Le cycle économique postérieur à la bulle spéculative est bien différent de
ceux qui ont été causés par une politique monétaire restrictive en vue de maîtriser
l’inflation. En effet, la baisse du taux d’intérêt des fonds fédéraux de 475 points
de base en 2001 a certainement amorti l’ampleur de la récession de 2001, mais
l’effondrement de la bourse et les faillites d’entreprises ont transformé l’effet de
richesse en effet de pauvreté. Contrairement aux autres récessions où le secteur
bancaire était en première ligne, cette fois-ci ce sont les détenteurs d’actions et
des obligations d’entreprises en faillite qui subissent les pertes. La diffusion des
impacts est plus lente parce que ce n’est pas au premier bulletin trimestriel de
baisse de la valeur des actifs que les gens réagissent, mais après deux ans de
mauvaises nouvelles. Les consommateurs américains, et dans une certaine mesure
les Canadiens, devront épargner un plus grand pourcentage de leur revenu
personnel disponible au cours des prochaines années. L’augmentation du taux
d’épargne freinera donc la croissance de la demande finale, surtout aux ÉtatsUnis. La cure d’amaigrissement des Américains est d’autant plus inévitable que le
déficit de la balance courante dépassant 4,5 % du PIB, résultant en grande partie
du boom de la consommation et de l’investissement de la fin des années 90, devra
également diminuer au cours des prochaines années. Une diminution du déficit de
la balance courante passe notamment par un ralentissement des importations de
biens et de services qui se répercutera également sur nos exportations.

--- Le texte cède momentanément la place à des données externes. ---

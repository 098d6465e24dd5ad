-- ===== src/FileCrypto/Frames.antt =====
-- The lengths and the frames of app/services/file_crypto.py: what is written is read back.
use phantom_share.Prelude.{
  ℕ, suc, ◌+◌, ◌/◌, ◌%◌, ◌≤◌, ◌<◌, ◌≡◌, refl, sym, ap, ◌∙◌, lt→ltb, [], ◌∷◌, ◌++◌, length,
  take-append, drop-append, ==-self, some, arith,
}
use phantom_share.Result.{ok, ◌>>=◌, >>=-eq-ok}
use phantom_share.Crypto.{Bytes}
use phantom_share.FileCrypto.{FileCipher, pack, unpack, frame, decrypt_chunks}

-- What is packed takes four bytes, and unpacks to the same number.
pub unpack-pack :
    (n : ℕ) {bytes : Bytes} → pack n ≡ ok bytes → (length bytes ≡ 4) × (unpack bytes ≡ ok n)
unfolding pack unpack
unpack-pack n h = ground arith

four_bytes :
    (bytes : Bytes)
    → length bytes ≡ 4
    → (a : ℕ) × (b : ℕ) × (c : ℕ) × (d : ℕ) × (bytes ≡ a ∷ b ∷ c ∷ d ∷ [])
four_bytes (a ∷ b ∷ c ∷ d ∷ []) h = (a, b, c, d, refl)
four_bytes (a ∷ b ∷ c ∷ d ∷ e ∷ rest) h = absurd (omega arith)
four_bytes (a ∷ b ∷ c ∷ []) h = absurd (omega arith)
four_bytes (a ∷ b ∷ []) h = absurd (omega arith)
four_bytes (a ∷ []) h = absurd (omega arith)
four_bytes [] h = absurd (omega arith)

pub pack_total : (n : ℕ) → n < 4294967296 → (bytes : Bytes) × (pack n ≡ ok bytes)
unfolding pack
pack_total n h =
    (n / 16777216 ∷ n / 65536 % 256 ∷ n / 256 % 256 ∷ n % 256 ∷ [], rw (lt→ltb n 4294967296 h))

module _ (cipher : FileCipher) (dek nonce_prefix aad_prefix : Bytes) where
  -- A sealed chunk behind its length is read back, and the loop goes on behind it.
  read_sealed :
      (fuel index n a b c d : ℕ) (i encrypted chunk rest : Bytes)
      → unpack (a ∷ b ∷ c ∷ d ∷ []) ≡ ok n
      → length encrypted ≡ n
      → pack index ≡ ok i
      → cipher.unseal dek (nonce_prefix ++ i) (aad_prefix ++ i) encrypted ≡ some chunk
      → decrypt_chunks cipher dek
          (suc fuel)
          nonce_prefix
          aad_prefix
          index
          (a ∷ b ∷ c ∷ d ∷ (encrypted ++ rest))
        ≡ (decrypt_chunks cipher dek fuel nonce_prefix aad_prefix (index + 1) rest >>= λ more.
            ok (chunk ++ more))
  unfolding decrypt_chunks
  read_sealed fuel index n a b c d i encrypted chunk rest hn hl hi hu =
      rw (
        hn,
        take-append n encrypted rest hl,
        drop-append n encrypted rest hl,
        hl,
        ==-self n,
        hi,
        hu,
      )

  -- What the loop writes for one chunk is at least a length, and is read back.
  pub read_frame :
      (fuel index : ℕ) (chunk rest : Bytes) {f : Bytes}
      → frame cipher dek nonce_prefix aad_prefix index chunk ≡ ok f
      → (decrypt_chunks cipher dek (suc fuel) nonce_prefix aad_prefix index (f ++ rest) ≡ (
          decrypt_chunks cipher dek fuel nonce_prefix aad_prefix (index + 1) rest >>= λ more.
          ok (chunk ++ more)))
        × (4 ≤ length f)
  unfolding frame
  read_frame fuel index chunk rest {f} h =
      let (i, hi, h1) = >>=-eq-ok (pack index) _ {b = f} h in
      let encrypted = cipher.seal dek (nonce_prefix ++ i) (aad_prefix ++ i) chunk in
      let (n, hn, h2) = >>=-eq-ok (pack (length encrypted)) _ {b = f} h1 in
      let (a, b, c, d, e) = four_bytes n (unpack-pack (length encrypted) hn).0 in
      let written : n ++ encrypted ≡ f = cc in
      let q : a ∷ b ∷ c ∷ d ∷ encrypted ≡ f = ap (λ t. t ++ encrypted) (sym e) ∙ written in
      rw (← q) (
        read_sealed fuel index (length encrypted) a b c d i encrypted chunk rest
            (rw (← e) (unpack-pack (length encrypted) hn).1) refl hi
            (cipher.unseal-seal dek (nonce_prefix ++ i) (aad_prefix ++ i) chunk),
        omega arith,
      )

La Banque du Canada devrait être patiente
Un taux de croissance du PIB réel américain inférieur à son taux potentiel
en 2002-2003, un taux de chômage supérieur au plein-emploi ainsi qu’une
croissance économique mondiale faible, voilà autant d’éléments qui exercent des
pressions déflationnistes importantes (baisse des prix industriels américains au
taux annuel de 1,1 % en juillet 2002). Pour compenser ces freins à l’expansion
économique américaine ainsi que les pressions déflationnistes, nous prévoyons
que la Réserve fédérale américaine gardera le taux d’intérêt des fonds fédéraux
stable au cours des deux ou trois prochains trimestres. L’impact de la croissance
anémique de l’économie américaine devrait donc inciter la Banque du Canada à
stopper sa campagne de hausse du taux d’intérêt directeur, car l’économie
canadienne ne peut pas surpasser bien longtemps celle des États-Unis sans
l’expansion de nos entreprises tournées vers l’exportation.
Notre avenir économique est toutefois prometteur si les États-Unis
réussissent leurs ajustements macroéconomiques et que l’économie mondiale
retourne à sa vitesse de croisière de 3,6 % ou plus en 2003-2004. Cela
soutiendrait le prix de matières premières permettant ainsi un certain
raffermissement du taux de change du dollar canadien.